Overview
On November 27, 2024, the Province of Ontario introduced Bill 229, the Working for Workers Six Act, 2024. Bill 229 is the sixth instalment in the Province’s Working for Workers legislative series. If enacted, Bill 229 would make a variety of changes to the Employment Standards Act, 2000 (ESA) and the Occupational Health and Safety Act (OHSA).
The Province also recently published coming into force information (i.e. proclamations) for a variety of amendments that were made to the ESA and the OHSA under Bill 190, the Working for Workers Five Act, 2024 (reported on here and here), Bill 149, the Working for Workers Four Act, 2024 (reported on here and here), Bill 79, the Working for Workers Act, 2023 (reported on here), and Bill 88, the Working for Workers Act, 2022, which enacted the Digital Platform Workers’ Rights Act, 2022 (originally reported on here; subsequent amendments enacted under Bill 149 reported on here and here).
On November 29, 2024, the Province also filed a slew of new regulations under the ESA and the OHSA in relation to the above legislation.
This article summarizes key changes proposed under Bill 229, coming into force information for the above legislation, and the new related regulations.
Proposed Changes Under Bill 229
Employment Standards Act, 2000
If passed, Bill 229 would make significant changes to the ESA by creating a new parental leave and a new long-term illness leave. These are discussed in more detail below.
The Province had initially published a proposal inviting comments on the proposed new leaves until January 2, 2025. However, the Province recently updated the proposal to indicate that the time period for accepting comments had closed on December 10, 2024. The Bill has also now, as of December 12, 2024, passed Third Reading in the Legislature.
New parental leave
Bill 229 would create a new unpaid and job-protected parental leave under the ESA for parents who have a child or children through adoption or surrogacy.

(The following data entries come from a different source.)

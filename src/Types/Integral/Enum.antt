-- ===== src/Types/Integral/Enum.antt =====
-- project/graph/builtin_type.hpp: the underlying type of an unscoped enumeration. A value that the
-- range is read from is an integral constant, which `projection` takes from an item.
pub mod Steps
pub mod First
use server_entry.Prelude.{
  ℕ, ◌≡◌, Bool, true, false, not, ◌&&◌, List, [], ◌∷◌, Option, none, some, ltb, leb, if◌then◌else◌,
}
use server_entry.Json.Integer.{ℤ, pos, negsuc}
use server_entry.Strings.{Status, ok, configuration_failed}
use server_entry.Types.{
  BuiltinType, integer, unsigned_integer, long_integer, unsigned_long_integer, long_long_integer,
  unsigned_long_long_integer, AbiTarget, windows_x64, posix_x64, unknown_target, AbiConfiguration,
  is_integral, builtin_bit_width, builtin_is_signed, is_supported_abi_target,
}
use server_entry.Types.Integral.{IntegralConstant, signed_value, less, to_u64, sized}

-- The three local variables of the loop.
pub record EnumRange : Type 0 where
  pub minimum : ℤ
  pub maximum : ℕ
  pub has_negative : Bool

abbrev pub no_values : EnumRange
no_values = record { minimum = pos 0; maximum = 0; has_negative = false }

abbrev pub widen_unsigned : ℕ → EnumRange → EnumRange
widen_unsigned bits r = if ltb r.maximum bits then record r { maximum = bits } else r

abbrev pub widen_signed : ℤ → EnumRange → EnumRange
widen_signed z r =
    if less z (pos 0)
    then record r { minimum = if less z r.minimum then z else r.minimum; has_negative = true }
    else widen_unsigned (to_u64 z) r

abbrev pub widen : IntegralConstant → AbiConfiguration → EnumRange → EnumRange
widen value abi r =
    if builtin_is_signed value.kind abi
    then widen_signed (signed_value (builtin_bit_width value.kind abi) value.bits) r
    else widen_unsigned value.bits r

abbrev pub accepted : IntegralConstant → AbiConfiguration → Bool
accepted value abi = is_integral value.kind && sized (builtin_bit_width value.kind abi)

module _ {ℓ} {A : Type ℓ} (projection : A → IntegralConstant) where
  -- The loop over the values, `none` where it returns configuration_failed.
  unfoldable pub scan : List A → AbiConfiguration → EnumRange → Option EnumRange
  scan [] abi r = some r
  scan (item ∷ values) abi r =
      let value = projection item in
      let rest = scan values abi (widen value abi r) in if accepted value abi then rest else none

abbrev pub within_int : EnumRange → Bool
within_int r = not (less r.minimum (negsuc 0x7fffffff)) && leb r.maximum 0x7fffffff

abbrev pub within_unsigned : EnumRange → Bool
within_unsigned r = not r.has_negative && leb r.maximum 0xffffffff

abbrev pub within_int64 : EnumRange → Bool
within_int64 r = leb r.maximum 0x7fffffffffffffff

-- The two 64-bit candidates of a target.
abbrev pub select_wide : EnumRange → BuiltinType → BuiltinType → BuiltinType → BuiltinType × Status
select_wide r signed unsigned output =
    if within_int64 r
    then (signed, ok)
    else if not r.has_negative
    then (unsigned, ok)
    else (output, configuration_failed)

abbrev pub select_on : AbiTarget → EnumRange → BuiltinType → BuiltinType × Status
select_on windows_x64 r output = select_wide r long_long_integer unsigned_long_long_integer output
select_on posix_x64 r output = select_wide r long_integer unsigned_long_integer output
select_on (unknown_target n) r output = (output, configuration_failed)

abbrev pub select_in : AbiTarget → BuiltinType → Option EnumRange → BuiltinType × Status
select_in target output none = (output, configuration_failed)
select_in target output (some r) =
    if within_int r
    then (integer, ok)
    else if within_unsigned r
    then (unsigned_integer, ok)
    else select_on target r output

-- `output` is what the caller's variable holds before the call.
unfoldable pub select_unscoped_enum_underlying_projected {ℓ} :
    {A : Type ℓ}
    → List A
    → AbiConfiguration
    → BuiltinType
    → (A → IntegralConstant)
    → BuiltinType × Status
select_unscoped_enum_underlying_projected values abi output projection =
    if not (is_supported_abi_target abi.target)
    then (output, configuration_failed)
    else select_in abi.target output (scan projection values abi no_values)

unfoldable pub select_unscoped_enum_underlying :
    List IntegralConstant → AbiConfiguration → BuiltinType → BuiltinType × Status
select_unscoped_enum_underlying values abi output =
    select_unscoped_enum_underlying_projected values abi output (λ value. value)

This would be called “placement of a child leave.”
In its news release (the “News Release”), the Province indicates the purpose of the leave would be to ensure “Ontarians never have to choose between being a worker or a parent.”
Under this new leave, an employee who has been employed by an employer for at least 13 weeks would be entitled to up to 16 weeks of unpaid leave because of the arrival of a child (or children) into an employee’s care through adoption or surrogacy. This time off would be required to be taken consecutively. Where more than one parent is employed at the same employer, the leave is shared between the employees. Adoptive parents and parents via surrogacy would also be eligible for 62 weeks of parental leave following the placement of a child leave.
New long-term illness leave
Bill 229 would create a new unpaid and job-protected sick leave under the ESA for employees who are unable to work due to “a serious medical condition.”
The News Release provides as follows regarding this leave:
The government also intends to propose a new 27-week long-term illness leave for employees unable to work due to a serious medical condition as defined by a medical practitioner, such as cancer, multiple sclerosis or Crohn’s. If passed, this would be one of the longest provincial leaves in Canada and would ensure workers with a serious medical condition have the time away from work they need to get treatment and recover, without risking their jobs.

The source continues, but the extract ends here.